◆ **The task**: Scan the records below for the string "controller" and return every line where it appears.

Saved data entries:
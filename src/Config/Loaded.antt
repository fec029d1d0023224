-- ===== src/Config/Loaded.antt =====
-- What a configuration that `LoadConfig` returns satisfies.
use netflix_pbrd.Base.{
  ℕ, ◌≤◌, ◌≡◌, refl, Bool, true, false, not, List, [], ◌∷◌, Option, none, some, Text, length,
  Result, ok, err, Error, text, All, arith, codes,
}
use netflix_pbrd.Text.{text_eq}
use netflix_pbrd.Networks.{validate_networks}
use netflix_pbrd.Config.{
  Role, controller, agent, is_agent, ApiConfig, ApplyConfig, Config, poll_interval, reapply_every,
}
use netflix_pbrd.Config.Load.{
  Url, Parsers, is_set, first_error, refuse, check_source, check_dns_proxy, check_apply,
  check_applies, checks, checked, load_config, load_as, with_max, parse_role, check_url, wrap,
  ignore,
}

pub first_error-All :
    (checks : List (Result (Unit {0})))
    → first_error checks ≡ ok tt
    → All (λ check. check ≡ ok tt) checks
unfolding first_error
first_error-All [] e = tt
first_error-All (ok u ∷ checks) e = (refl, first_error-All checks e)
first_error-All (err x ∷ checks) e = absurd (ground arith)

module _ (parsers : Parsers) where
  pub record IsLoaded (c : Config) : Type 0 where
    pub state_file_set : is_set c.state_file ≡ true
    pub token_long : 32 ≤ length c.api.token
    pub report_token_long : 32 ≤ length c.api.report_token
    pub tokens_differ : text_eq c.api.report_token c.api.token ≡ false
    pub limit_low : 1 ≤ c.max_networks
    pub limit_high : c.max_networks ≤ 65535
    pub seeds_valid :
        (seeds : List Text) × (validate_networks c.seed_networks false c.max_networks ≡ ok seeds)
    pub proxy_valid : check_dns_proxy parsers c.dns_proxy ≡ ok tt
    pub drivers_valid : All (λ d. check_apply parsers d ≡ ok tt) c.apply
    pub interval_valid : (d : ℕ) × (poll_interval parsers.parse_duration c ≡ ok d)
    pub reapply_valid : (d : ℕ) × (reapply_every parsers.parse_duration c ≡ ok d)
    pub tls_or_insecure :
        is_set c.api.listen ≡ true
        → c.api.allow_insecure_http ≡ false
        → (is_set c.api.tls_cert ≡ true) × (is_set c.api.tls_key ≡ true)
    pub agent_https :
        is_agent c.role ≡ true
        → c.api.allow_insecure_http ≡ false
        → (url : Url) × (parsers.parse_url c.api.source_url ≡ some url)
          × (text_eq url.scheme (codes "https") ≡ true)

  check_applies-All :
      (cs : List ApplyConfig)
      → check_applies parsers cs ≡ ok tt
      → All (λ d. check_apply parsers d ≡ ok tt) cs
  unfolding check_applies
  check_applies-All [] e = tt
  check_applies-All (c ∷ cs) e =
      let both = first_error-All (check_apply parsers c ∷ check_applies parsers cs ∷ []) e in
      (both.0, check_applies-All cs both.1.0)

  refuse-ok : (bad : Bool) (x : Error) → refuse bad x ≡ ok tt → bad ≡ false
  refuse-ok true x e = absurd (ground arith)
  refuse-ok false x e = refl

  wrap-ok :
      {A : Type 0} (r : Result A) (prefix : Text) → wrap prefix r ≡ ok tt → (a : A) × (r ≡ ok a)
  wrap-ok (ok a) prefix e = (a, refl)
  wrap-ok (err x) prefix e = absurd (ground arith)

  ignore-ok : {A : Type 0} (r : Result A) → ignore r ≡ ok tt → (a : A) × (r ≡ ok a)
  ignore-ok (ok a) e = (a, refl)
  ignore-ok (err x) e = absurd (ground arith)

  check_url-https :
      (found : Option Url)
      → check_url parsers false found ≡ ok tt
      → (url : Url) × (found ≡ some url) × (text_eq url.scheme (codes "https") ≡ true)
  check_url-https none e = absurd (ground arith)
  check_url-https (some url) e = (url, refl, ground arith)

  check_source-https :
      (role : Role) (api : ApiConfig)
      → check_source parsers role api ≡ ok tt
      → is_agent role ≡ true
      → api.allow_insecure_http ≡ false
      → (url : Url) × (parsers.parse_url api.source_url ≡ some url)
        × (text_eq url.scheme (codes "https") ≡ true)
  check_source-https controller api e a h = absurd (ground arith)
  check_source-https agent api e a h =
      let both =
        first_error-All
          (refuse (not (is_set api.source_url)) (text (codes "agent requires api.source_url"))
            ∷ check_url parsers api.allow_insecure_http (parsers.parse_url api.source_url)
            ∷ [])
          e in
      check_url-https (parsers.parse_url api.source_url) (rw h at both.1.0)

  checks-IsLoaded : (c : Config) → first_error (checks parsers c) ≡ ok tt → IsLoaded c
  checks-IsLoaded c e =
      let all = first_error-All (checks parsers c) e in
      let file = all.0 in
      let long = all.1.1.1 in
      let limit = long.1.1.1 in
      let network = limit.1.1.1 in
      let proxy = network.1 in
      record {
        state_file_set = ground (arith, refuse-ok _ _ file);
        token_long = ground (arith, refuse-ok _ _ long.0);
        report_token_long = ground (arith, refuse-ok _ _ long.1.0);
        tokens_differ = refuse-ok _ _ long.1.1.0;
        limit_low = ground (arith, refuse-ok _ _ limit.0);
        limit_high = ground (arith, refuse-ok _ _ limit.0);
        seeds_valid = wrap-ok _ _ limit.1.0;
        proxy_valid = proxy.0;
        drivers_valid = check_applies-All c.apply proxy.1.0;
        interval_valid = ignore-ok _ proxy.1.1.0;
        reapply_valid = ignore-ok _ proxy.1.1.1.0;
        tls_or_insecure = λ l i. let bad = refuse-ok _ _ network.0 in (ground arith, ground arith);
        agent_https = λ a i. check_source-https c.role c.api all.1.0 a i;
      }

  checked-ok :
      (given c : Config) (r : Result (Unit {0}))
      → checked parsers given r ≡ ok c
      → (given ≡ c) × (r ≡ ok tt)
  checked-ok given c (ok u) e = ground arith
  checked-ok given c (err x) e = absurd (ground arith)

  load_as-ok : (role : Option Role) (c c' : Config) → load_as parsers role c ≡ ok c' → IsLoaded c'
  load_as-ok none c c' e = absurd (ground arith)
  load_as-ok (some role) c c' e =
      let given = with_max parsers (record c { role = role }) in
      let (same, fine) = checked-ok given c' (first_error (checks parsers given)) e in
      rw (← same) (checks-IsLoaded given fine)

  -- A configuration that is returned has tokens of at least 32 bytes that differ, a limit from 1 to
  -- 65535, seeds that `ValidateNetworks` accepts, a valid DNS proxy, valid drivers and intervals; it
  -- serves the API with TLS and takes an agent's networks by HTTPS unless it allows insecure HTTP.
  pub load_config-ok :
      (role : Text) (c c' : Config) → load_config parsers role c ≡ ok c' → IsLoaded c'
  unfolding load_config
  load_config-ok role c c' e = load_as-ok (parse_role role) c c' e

==

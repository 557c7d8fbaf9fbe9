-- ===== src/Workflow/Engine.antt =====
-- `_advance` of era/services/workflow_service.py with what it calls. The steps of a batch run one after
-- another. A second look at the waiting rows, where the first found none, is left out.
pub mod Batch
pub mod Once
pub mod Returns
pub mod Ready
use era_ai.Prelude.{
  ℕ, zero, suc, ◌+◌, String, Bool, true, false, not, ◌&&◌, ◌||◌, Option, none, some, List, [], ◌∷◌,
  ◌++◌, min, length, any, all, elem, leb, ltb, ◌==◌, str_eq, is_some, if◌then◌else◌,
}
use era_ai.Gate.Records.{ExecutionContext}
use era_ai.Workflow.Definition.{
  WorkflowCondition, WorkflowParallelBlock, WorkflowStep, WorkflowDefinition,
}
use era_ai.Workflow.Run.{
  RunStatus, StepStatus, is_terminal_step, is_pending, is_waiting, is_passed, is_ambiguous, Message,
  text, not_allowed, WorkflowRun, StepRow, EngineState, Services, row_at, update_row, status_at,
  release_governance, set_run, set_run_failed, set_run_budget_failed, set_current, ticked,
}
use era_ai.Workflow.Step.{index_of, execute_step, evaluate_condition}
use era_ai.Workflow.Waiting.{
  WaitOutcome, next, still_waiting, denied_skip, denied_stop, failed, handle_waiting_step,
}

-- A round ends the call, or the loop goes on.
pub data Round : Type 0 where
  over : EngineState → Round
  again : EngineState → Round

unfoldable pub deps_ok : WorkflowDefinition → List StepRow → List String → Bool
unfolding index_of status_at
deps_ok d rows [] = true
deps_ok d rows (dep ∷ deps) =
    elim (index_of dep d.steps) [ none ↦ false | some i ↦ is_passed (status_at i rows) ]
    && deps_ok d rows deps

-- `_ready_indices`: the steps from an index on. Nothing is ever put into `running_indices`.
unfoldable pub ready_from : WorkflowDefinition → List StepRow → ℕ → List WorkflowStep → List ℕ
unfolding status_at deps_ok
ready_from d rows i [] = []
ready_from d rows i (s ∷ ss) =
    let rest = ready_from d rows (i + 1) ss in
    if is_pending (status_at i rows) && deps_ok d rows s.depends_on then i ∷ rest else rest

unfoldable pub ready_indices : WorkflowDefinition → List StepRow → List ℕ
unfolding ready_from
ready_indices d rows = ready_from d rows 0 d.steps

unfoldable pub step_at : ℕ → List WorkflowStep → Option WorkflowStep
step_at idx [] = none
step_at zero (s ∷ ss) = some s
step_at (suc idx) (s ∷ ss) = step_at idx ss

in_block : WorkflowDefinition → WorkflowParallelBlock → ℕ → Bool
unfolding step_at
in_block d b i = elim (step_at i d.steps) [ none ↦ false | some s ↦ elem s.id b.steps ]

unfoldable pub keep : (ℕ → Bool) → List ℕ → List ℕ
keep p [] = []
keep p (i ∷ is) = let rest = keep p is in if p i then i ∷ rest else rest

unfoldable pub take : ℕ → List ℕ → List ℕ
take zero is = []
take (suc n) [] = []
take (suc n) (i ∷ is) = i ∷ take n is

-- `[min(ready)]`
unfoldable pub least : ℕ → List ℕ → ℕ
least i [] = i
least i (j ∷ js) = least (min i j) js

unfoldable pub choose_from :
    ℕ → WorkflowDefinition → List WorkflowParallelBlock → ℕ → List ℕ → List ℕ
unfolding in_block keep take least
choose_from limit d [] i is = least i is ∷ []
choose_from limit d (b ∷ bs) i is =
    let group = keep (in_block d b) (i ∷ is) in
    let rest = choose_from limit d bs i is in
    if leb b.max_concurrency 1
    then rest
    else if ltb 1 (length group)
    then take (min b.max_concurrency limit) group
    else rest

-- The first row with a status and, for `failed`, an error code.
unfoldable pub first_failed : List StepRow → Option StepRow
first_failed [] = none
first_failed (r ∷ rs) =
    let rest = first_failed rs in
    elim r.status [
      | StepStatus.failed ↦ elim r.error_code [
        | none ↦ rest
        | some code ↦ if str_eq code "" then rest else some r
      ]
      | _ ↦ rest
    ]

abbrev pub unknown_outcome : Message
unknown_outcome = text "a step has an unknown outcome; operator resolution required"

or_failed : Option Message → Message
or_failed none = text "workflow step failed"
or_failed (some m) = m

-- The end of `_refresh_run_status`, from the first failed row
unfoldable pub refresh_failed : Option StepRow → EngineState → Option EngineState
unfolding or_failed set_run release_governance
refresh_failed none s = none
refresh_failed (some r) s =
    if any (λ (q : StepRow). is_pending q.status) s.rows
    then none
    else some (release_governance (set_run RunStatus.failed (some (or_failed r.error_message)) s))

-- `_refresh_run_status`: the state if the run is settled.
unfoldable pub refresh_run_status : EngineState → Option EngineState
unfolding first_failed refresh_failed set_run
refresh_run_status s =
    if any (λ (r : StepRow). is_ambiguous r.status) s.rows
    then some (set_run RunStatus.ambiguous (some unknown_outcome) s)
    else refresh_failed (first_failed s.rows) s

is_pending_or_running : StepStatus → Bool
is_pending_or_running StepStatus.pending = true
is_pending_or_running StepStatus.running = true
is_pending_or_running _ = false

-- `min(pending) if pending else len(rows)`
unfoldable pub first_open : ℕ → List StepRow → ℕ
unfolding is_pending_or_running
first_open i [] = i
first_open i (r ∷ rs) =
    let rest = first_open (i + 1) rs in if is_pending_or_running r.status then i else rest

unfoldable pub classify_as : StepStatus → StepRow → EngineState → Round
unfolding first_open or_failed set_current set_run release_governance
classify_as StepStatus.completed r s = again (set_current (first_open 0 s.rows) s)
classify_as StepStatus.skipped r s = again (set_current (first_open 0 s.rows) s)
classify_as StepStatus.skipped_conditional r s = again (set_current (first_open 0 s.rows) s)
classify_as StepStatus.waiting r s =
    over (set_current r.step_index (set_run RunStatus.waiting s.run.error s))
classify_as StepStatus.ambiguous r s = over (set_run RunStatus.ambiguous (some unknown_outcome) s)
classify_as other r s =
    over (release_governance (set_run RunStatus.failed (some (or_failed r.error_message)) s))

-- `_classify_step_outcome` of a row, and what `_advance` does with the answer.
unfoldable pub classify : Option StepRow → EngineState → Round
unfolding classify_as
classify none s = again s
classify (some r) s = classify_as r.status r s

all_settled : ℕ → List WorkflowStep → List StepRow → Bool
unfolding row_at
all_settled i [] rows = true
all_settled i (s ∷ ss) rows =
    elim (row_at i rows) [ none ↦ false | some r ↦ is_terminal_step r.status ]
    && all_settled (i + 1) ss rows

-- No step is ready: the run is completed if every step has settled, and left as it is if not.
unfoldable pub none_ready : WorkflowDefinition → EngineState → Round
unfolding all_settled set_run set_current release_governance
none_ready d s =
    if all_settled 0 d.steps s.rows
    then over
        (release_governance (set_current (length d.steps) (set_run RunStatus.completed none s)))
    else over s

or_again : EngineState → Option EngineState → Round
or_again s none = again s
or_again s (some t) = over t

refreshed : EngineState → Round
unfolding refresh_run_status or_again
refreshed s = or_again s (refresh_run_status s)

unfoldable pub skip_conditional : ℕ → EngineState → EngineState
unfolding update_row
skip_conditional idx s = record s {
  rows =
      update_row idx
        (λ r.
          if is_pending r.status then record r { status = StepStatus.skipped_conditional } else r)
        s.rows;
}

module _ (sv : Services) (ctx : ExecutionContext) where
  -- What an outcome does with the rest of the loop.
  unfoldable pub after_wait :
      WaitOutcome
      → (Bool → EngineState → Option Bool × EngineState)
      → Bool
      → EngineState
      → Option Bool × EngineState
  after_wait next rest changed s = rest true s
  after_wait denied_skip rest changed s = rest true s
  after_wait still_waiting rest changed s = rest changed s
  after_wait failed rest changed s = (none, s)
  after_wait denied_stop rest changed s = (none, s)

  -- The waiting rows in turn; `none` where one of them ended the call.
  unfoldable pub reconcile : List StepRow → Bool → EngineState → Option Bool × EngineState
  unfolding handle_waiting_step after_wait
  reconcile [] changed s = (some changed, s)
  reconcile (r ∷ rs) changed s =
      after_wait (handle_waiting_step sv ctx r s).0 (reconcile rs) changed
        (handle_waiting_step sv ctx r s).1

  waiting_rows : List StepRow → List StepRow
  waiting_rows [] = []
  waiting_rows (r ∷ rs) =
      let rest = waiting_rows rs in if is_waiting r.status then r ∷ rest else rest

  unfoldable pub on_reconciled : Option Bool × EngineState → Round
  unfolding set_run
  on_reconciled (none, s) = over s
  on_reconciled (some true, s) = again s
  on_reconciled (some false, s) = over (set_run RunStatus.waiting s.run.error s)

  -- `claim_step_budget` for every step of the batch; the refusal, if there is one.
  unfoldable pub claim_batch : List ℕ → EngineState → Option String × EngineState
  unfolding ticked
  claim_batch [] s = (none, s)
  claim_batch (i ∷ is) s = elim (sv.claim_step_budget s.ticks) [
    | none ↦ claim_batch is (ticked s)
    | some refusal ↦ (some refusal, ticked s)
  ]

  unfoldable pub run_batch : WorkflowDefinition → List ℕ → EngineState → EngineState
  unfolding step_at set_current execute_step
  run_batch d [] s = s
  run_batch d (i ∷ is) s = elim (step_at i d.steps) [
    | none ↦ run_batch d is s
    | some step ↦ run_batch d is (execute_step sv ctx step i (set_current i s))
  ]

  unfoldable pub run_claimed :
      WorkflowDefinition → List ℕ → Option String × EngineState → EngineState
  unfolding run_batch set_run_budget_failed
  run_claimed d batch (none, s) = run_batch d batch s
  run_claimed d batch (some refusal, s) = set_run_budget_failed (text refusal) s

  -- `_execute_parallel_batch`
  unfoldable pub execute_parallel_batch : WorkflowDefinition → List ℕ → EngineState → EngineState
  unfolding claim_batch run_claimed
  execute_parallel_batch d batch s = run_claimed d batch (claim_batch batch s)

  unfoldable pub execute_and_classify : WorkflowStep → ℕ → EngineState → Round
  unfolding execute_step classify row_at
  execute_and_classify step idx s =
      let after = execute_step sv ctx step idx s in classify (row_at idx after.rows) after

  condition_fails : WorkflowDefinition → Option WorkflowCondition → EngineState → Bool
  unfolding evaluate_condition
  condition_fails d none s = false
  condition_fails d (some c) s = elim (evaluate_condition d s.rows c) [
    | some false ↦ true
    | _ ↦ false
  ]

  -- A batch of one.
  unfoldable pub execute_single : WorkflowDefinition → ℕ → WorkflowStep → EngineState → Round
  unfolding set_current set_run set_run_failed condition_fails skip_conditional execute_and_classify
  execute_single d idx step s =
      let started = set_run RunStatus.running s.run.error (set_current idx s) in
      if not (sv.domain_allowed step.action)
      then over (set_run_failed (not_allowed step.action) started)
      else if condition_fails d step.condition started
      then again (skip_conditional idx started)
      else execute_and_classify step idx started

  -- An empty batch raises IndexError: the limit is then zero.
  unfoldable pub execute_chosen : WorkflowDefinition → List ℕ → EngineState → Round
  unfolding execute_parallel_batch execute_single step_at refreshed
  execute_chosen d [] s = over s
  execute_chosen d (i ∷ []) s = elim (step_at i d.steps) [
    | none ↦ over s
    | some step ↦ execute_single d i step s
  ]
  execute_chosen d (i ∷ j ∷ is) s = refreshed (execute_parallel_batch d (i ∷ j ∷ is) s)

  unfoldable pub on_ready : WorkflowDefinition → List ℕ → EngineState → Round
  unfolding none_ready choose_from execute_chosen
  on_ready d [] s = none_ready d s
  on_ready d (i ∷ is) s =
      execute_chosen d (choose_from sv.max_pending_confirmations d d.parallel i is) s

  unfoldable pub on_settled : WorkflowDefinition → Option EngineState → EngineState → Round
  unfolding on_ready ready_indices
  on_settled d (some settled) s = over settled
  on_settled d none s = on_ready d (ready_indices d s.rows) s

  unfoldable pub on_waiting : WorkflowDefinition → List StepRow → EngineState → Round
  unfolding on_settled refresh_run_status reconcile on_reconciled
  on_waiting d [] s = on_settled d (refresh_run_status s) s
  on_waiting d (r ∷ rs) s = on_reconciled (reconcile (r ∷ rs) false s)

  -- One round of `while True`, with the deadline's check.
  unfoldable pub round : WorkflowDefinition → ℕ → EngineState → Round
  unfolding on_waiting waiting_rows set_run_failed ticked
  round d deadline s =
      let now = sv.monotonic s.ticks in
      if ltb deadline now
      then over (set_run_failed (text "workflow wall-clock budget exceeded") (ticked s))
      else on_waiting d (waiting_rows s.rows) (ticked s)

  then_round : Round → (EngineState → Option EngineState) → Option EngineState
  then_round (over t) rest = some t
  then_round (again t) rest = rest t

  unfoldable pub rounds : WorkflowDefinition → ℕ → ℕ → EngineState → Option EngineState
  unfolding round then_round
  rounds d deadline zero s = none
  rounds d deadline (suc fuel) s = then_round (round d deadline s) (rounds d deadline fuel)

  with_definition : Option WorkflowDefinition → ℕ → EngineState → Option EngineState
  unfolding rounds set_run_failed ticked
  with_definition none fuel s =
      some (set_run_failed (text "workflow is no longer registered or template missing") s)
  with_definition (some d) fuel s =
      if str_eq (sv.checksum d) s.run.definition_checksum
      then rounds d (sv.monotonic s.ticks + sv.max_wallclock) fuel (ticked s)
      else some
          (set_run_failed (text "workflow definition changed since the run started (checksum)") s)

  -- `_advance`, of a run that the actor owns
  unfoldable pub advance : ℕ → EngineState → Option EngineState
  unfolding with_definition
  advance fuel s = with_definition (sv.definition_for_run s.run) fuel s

◆ **Output for this exercise**:
  Role, controller, agent, is_agent, ApiConfig, ApplyConfig, Config, poll_interval, reapply_every,
  check_source-https controller api e a h = absurd (ground arith)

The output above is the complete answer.